### [What the task requires]
Copy nothing from the entries below except the lines from the one containing "pub length-evict-lt : (d" through the one containing "pub local : (addr", and copy those exactly.

Data items:
________
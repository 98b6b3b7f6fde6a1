-- ===== src/Cpip/Blocks.antt =====
-- What the blocked addresses of `ITFDefense` of backend/cpip_provider.py keep, over every sequence of
-- requests and of calls by the operator.
use minima_pi_net_os.Prelude.{
  text_eq, ℕ, ◌/◌, ◌≤◌, ◌<◌, ◌≡◌, String, true, none, List, [], ◌∷◌, length, arith,
}
use minima_pi_net_os.Prelude.Sorting.{sort_by, length-sort_by, Elem-of-sort_by}
use minima_pi_net_os.Dict.{Dict, get, AllValues}
use minima_pi_net_os.Dict.Distinct.{length-remove_all-le}
use minima_pi_net_os.Dict.Elements.{length-remove_all-lt}
use minima_pi_net_os.Cpip.Defense.{
  Settings, Defense, Request, Block, expiry, evict, is_loopback, check_request, whitelist_addr,
  clear_blacklist,
}

pub length-evict-lt : (d : Dict String Block) → 2 ≤ length d → length (evict d) < length d
unfolding evict
length-evict-lt d h =
    length-remove_all-lt (length d / 2) (sort_by expiry d) d (omega arith)
      (omega (arith, length-sort_by expiry d)) (λ x m. Elem-of-sort_by expiry x d m)

pub length-evict-le : (d : Dict String Block) → length (evict d) ≤ length d
unfolding evict
length-evict-le d = length-remove_all-le _ d

-- No entry for the key, said in a form that every operation keeps.
abbrev Lacks : String → Dict String Block → Type 0
Lacks k d = get k d ≡ none

module _ (s : Settings) where
  -- At most as many blocks as the settings allow, each of at most a day, and none on the loopback
  -- addresses.
  pub record IsBounded (d : Defense) : Type 0 where
    pub few : length d.blacklist ≤ s.max_blacklist
    pub brief : AllValues (λ b. b.ttl ≤ s.day) d.blacklist
    pub local : (addr : String) → is_loopback addr ≡ true → Lacks addr d.blacklist

-- What changes the defence: a request at a time, and the operator's two calls.
pub data Op : Type 0 where
  request : ℕ → String → Request → Op
  whitelist : String → Op
  clear : Op

abbrev pub empty : Defense
empty = record { blacklist = []; probe_counts = [] }

module _ (s : Settings) where
  unfoldable pub run : List Op → Defense → Defense
  run [] d = d
  run (request now addr r ∷ ops) d = run ops (check_request s now addr r d).1
  run (whitelist addr ∷ ops) d = run ops (whitelist_addr addr d)
  run (clear ∷ ops) d = run ops (clear_blacklist d)
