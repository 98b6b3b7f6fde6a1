-- ===== src/Cpip/Identity.antt =====
-- `ECP256`, `SecureHash` and `NodeIdentity` of backend/cpip_provider.py: keys from seeds, signatures
-- and the challenge of a node. The curve of the package cryptography is the record `Curve`.
use minima_pi_net_os.Prelude.{
  str_eq, ℕ, ◌+◌, ◌*◌, ◌/◌, ◌%◌, Str, codes, Bool, true, false, [], ◌∷◌, ◌++◌, take, ltb,
  value_error, runtime_error, Result, ok, raise, ◌>>=◌, ◌==◌, if◌then◌else◌,
}
use minima_pi_net_os.Cpip.Token.{except_value}

-- `int.from_bytes(bytes, "big")`, on what has been read
unfoldable pub from_bytes : ℕ → Str → ℕ
from_bytes n [] = n
from_bytes n (b ∷ bytes) = from_bytes (n * 256 + b) bytes

abbrev pub curve_order : ℕ
curve_order = 0xFFFFFFFF00000000FFFFFFFFFFFFFFFFBCE6FAADA7179E84F3B9CAC2FC632551

pub record Curve : Type 1 where
  pub PrivateKey : Type 0
  pub PublicKey : Type 0
  -- `ec.derive_private_key(n, curve)`
  pub derive : ℕ → Result PrivateKey
  pub public_key : PrivateKey → PublicKey
  -- `public_bytes` and `from_encoded_point`
  pub encoded : PublicKey → Str
  pub from_encoded : Str → Result PublicKey
  pub sign : PrivateKey → Str → Str
  -- `verify`, which returns nothing or raises `InvalidSignature`
  pub verify : PublicKey → Str → Str → Result (Unit {0})
  pub exchange : PrivateKey → PublicKey → Result Str

-- `SecureHash.hash(data, algorithm)`
unfoldable pub secure_hash : (Str → Str) → (Str → Str) → Str → Str → Result Str
secure_hash sha256 sha3_256 bytes algorithm =
    if algorithm == codes "sha256"
    then ok (sha256 bytes)
    else (if algorithm == codes "sha3_256" then ok (sha3_256 bytes) else raise value_error)

unfoldable pub domain_hash : (Str → Str) → Str → Str → Str
domain_hash sha256 domain bytes = sha256 (domain ++ (codes "||" ++ bytes))

-- The digits of base 32, in lower case.
abbrev base32_digit : ℕ → ℕ
base32_digit v = if ltb v 26 then b'a' + v else v + 24

-- `base64.b32encode(h).decode().rstrip("=").lower()` of four bytes; `_address` is only given such.
unfoldable pub base32_of : Str → Str
base32_of (a ∷ b ∷ c ∷ d ∷ []) =
    base32_digit (a / 8)
    ∷ base32_digit (a % 8 * 4 + b / 64)
    ∷ base32_digit (b / 2 % 32)
    ∷ base32_digit (b % 2 * 16 + c / 16)
    ∷ base32_digit (c % 16 * 2 + d / 128)
    ∷ base32_digit (d / 4 % 32)
    ∷ base32_digit (d % 4 * 8)
    ∷ []
base32_of _ = []

-- A key as it is given: an object, its bytes, or a value of another type.
pub data GivenKey (P : Type 0) : Type 0 where
  object : P → GivenKey P
  encoded_bytes : Str → GivenKey P
  other : GivenKey P

pub record NodeIdentity : Type 0 where
  pub node_id : Str
  pub public_key : Str
  pub seed : Str
  pub address : Str
  pub created_at : ℕ

module _ (sha256 : Str → Str) where
  unfoldable pub pubkey_to_address : Str → Str
  pubkey_to_address public_key = codes "coffee:" ++ base32_of (take 4 (sha256 public_key))

  module _ (curve : Curve) (crypto_available : Bool) where
    unfoldable pub derive_key_from_seed : Str → Result curve.PrivateKey
    derive_key_from_seed seed =
        if crypto_available
        then curve.derive (from_bytes 0 (sha256 (codes "cpip-ecdsa-v1:" ++ seed)) % curve_order)
        else raise runtime_error

    -- The encoded public key and the private key of a seed.
    unfoldable pub generate_keypair : Str → Result (Str × curve.PrivateKey)
    generate_keypair seed =
        derive_key_from_seed seed >>= λ key. ok (curve.encoded (curve.public_key key), key)

    unfoldable pub sign : Str → Str → Result Str
    sign message seed = derive_key_from_seed seed >>= λ key. ok (curve.sign key message)

    abbrev verified : Str → Str → Result curve.PublicKey → Result Bool
    verified message signature key =
        except_value false (key >>= λ k. curve.verify k signature message >>= λ _. ok true)

    abbrev verify_given : Str → Str → GivenKey curve.PublicKey → Result Bool
    verify_given message signature (object key) = verified message signature (ok key)
    verify_given message signature (encoded_bytes bytes) =
        verified message signature (curve.from_encoded bytes)
    verify_given message signature other = ok false

    unfoldable pub verify : Str → Str → GivenKey curve.PublicKey → Result Bool
    verify message signature public_key =
        let answer = verify_given message signature public_key in
        if crypto_available then answer else raise runtime_error

    unfoldable pub key_exchange : Str → Str → Result Str
    key_exchange our_seed their_public_key = derive_key_from_seed our_seed >>= λ key.
        curve.from_encoded their_public_key >>= λ theirs.
        curve.exchange key theirs >>= λ shared. ok (sha256 shared)

    -- `seed` is what was given or drawn.
    unfoldable pub generate_node_identity : Str → Str → ℕ → Result NodeIdentity
    generate_node_identity node_id seed now = generate_keypair seed >>= λ pair. ok (record {
      node_id = node_id;
      public_key = pair.0;
      seed = seed;
      address = pubkey_to_address pair.0;
      created_at = now;
    })

    unfoldable pub respond_to_challenge : NodeIdentity → Str → Result Str
    respond_to_challenge identity challenge = sign challenge identity.seed

    unfoldable pub verify_challenge : Str → Str → Str → Result Bool
    verify_challenge challenge response public_key =
        verify challenge response (encoded_bytes public_key)

    unfoldable pub authenticate_node : NodeIdentity → Str → Str → Result Bool
    authenticate_node identity challenge response =
        verify_challenge challenge response identity.public_key
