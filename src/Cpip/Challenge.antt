-- ===== src/Cpip/Challenge.antt =====
-- The challenge of a node of backend/cpip_provider.py: who passes it, and what a forgery does.
use minima_pi_net_os.Prelude.{
  ◌≡◌, refl, sym, ap, ◌∙◌, Str, true, ℕ, bind-ok, ok-injective, invalid_signature, ok, raise, ◌>>=◌,
}
use minima_pi_net_os.Cpip.Identity.{
  Curve, NodeIdentity, derive_key_from_seed, generate_keypair, sign, verify, generate_node_identity,
  respond_to_challenge, verify_challenge, authenticate_node,
}

-- What the package promises of signatures and of the encoding of keys.
pub record IsSound (curve : Curve) : Type 0 where
  pub signs :
      (key : curve.PrivateKey) (message : Str)
      → curve.verify (curve.public_key key) (curve.sign key message) message ≡ ok tt
  pub encodes : (key : curve.PublicKey) → curve.from_encoded (curve.encoded key) ≡ ok key

module _ (sha256 : Str → Str) (curve : Curve) where
  -- The seed of a generated identity gives the key whose public part it has.
  generated :
      (node_id seed : Str) (now : ℕ) (identity : NodeIdentity)
      → generate_node_identity sha256 curve true node_id seed now ≡ ok identity
      → (key : curve.PrivateKey) × (derive_key_from_seed sha256 curve true identity.seed ≡ ok key)
        × (identity.public_key ≡ curve.encoded (curve.public_key key))
  unfolding generate_node_identity generate_keypair
  generated node_id seed now identity h =
      let (pair, paired, made) = bind-ok (generate_keypair sha256 curve true seed) _ h in
      let (key, derived, both) = bind-ok (derive_key_from_seed sha256 curve true seed) _ paired in
      let same = ok-injective made in
      (
        key,
        ap (λ (i : NodeIdentity). derive_key_from_seed sha256 curve true i.seed) (sym same)
            ∙ derived,
        ap (λ (i : NodeIdentity). i.public_key) (sym same)
            ∙ sym (ap (λ p. p.0) (ok-injective both)),
      )

  module _ (node_id seed : Str) (now : ℕ) (identity : NodeIdentity)
      (made : generate_node_identity sha256 curve true node_id seed now ≡ ok identity)
      (sound : IsSound curve) where
    -- A node that was generated from its seed answers every challenge, and its answer is accepted.
    pub authenticate_node-respond :
        (challenge : Str)
        → (respond_to_challenge sha256 curve true identity challenge >>= λ response.
            authenticate_node sha256 curve true identity challenge response)
          ≡ ok true
    unfolding respond_to_challenge sign authenticate_node verify_challenge verify
    authenticate_node-respond challenge =
        let (key, derived, public) = generated node_id seed now identity made in
        rw (derived, public, sound.encodes (curve.public_key key), sound.signs key challenge) refl

    -- An answer that the package refuses, by InvalidSignature, is not answered false: the
    -- authentication raises that exception.
    pub authenticate_node-forged :
        (challenge response : Str)
        → ((key : curve.PublicKey) → curve.verify key response challenge ≡ raise invalid_signature)
        → authenticate_node sha256 curve true identity challenge response ≡ raise invalid_signature
    unfolding authenticate_node verify_challenge verify
    authenticate_node-forged challenge response refused =
        let (key, derived, public) = generated node_id seed now identity made in
        rw (public, sound.encodes (curve.public_key key), refused (curve.public_key key)) refl
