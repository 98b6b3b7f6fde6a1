-- ===== src/Cpip/Cipher.antt =====
-- `CoffeeCipher` of backend/cpip_provider.py: the derivation of keys, encryption and decryption. The
-- hashes are functions on bytes, and AES-256-GCM of the package cryptography is the record `Aead`.
use minima_pi_net_os.Prelude.{
  ℕ, zero, suc, ◌+◌, ◌/◌, ◌%◌, Str, codes, Bool, Option, none, some, [], ◌∷◌, ◌++◌, length, take,
  drop, ltb, value_error, runtime_error, Result, ok, raise, ◌>>=◌, if◌then◌else◌,
}
use minima_pi_net_os.Cpip.Token.{except_value}

pub record Aead : Type 0 where
  -- `AESGCM(key).encrypt(nonce, text, None)` and `decrypt`, which raises `InvalidTag`
  pub encrypt : Str → Str → Str → Str
  pub decrypt : Str → Str → Str → Result Str

-- The rounds from `i` on: `bytes([i])` takes a number below 256.
unfoldable pub expand_rounds : (Str → Str → Str) → Str → Str → ℕ → ℕ → Str → Str → Result Str
expand_rounds hmac prk info zero i t okm = ok okm
expand_rounds hmac prk info (suc rounds) i t okm =
    let t' = hmac prk (t ++ (info ++ i ∷ [])) in
    let rest = expand_rounds hmac prk info rounds (i + 1) t' (okm ++ t') in
    if ltb 255 i then raise value_error else rest

module _ (hmac : Str → Str → Str) where
  abbrev pub hkdf_extract : Str → Str → Str
  hkdf_extract salt ikm = hmac salt ikm

  unfoldable pub hkdf_expand : Str → Str → ℕ → Result Str
  hkdf_expand prk info length =
      expand_rounds hmac prk info ((length + 31) / 32) 1 [] [] >>= λ okm. ok (take length okm)

  unfoldable pub hkdf : Str → Str → Str → ℕ → Result Str
  hkdf ikm salt info length = hkdf_expand (hkdf_extract salt ikm) info length

  module _ (sha256 : Str → Str) where
    unfoldable pub key_from_recipe : Str → Str → Result Str
    key_from_recipe base_key recipe =
        hkdf base_key (sha256 (0xC0 ∷ 0xFF ∷ 0xEE ∷ recipe)) (codes "cpip-cipher-v5:" ++ recipe) 32

    module _ (aead : Aead) (crypto_available : Bool) (covert_key : Str) where
      abbrev pub key_or : Option Str → Str
      key_or none = covert_key
      key_or (some key) = key

      -- `nonce` is what `secrets.token_bytes(12)` returns.
      unfoldable pub encrypt : Str → Str → Option Str → Str → Result Str
      encrypt nonce plaintext base_key recipe =
          if crypto_available
          then (key_from_recipe (key_or base_key) recipe >>= λ key.
              ok (nonce ++ aead.encrypt key nonce plaintext))
          else raise runtime_error

      unfoldable pub decrypt : Str → Option Str → Str → Result Str
      decrypt ciphertext base_key recipe =
          if crypto_available
          then (if ltb (length ciphertext) 28
              then ok []
              else (key_from_recipe (key_or base_key) recipe >>= λ key.
                  except_value [] (aead.decrypt key (take 12 ciphertext) (drop 12 ciphertext))))
          else raise runtime_error

-- `h.hex()`
abbrev hex_digit : ℕ → ℕ
hex_digit d = if ltb d 10 then b'0' + d else d + 87

unfoldable pub hex : Str → Str
hex [] = []
hex (b ∷ bytes) = hex_digit (b / 16) ∷ hex_digit (b % 16) ∷ hex bytes

abbrev hash_rounds : (Str → Str) → Str → ℕ → Str → Str
hash_rounds sha256 text zero h = h
hash_rounds sha256 text (suc n) h =
    hash_rounds sha256 text n (sha256 (codes "cpip-hash-v5:" ++ (h ++ text)))

unfoldable pub hash : (Str → Str) → Str → Str
unfolding hex
hash sha256 text =
    take 16 (hex (hash_rounds sha256 text 4 (sha256 (codes "cpip-hash-v5:" ++ text))))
________
### [The answer]
pub length-evict-lt : (d : Dict String Block) → 2 ≤ length d → length (evict d) < length d
unfolding evict
length-evict-lt d h =
    length-remove_all-lt (length d / 2) (sort_by expiry d) d (omega arith)
      (omega (arith, length-sort_by expiry d)) (λ x m. Elem-of-sort_by expiry x d m)

pub length-evict-le : (d : Dict String Block) → length (evict d) ≤ length d
unfolding evict
length-evict-le d = length-remove_all-le _ d

-- No entry for the key, said in a form that every operation keeps.
abbrev Lacks : String → Dict String Block → Type 0
Lacks k d = get k d ≡ none

module _ (s : Settings) where
  -- At most as many blocks as the settings allow, each of at most a day, and none on the loopback
  -- addresses.
  pub record IsBounded (d : Defense) : Type 0 where
    pub few : length d.blacklist ≤ s.max_blacklist
    pub brief : AllValues (λ b. b.ttl ≤ s.day) d.blacklist
    pub local : (addr : String) → is_loopback addr ≡ true → Lacks addr d.blacklist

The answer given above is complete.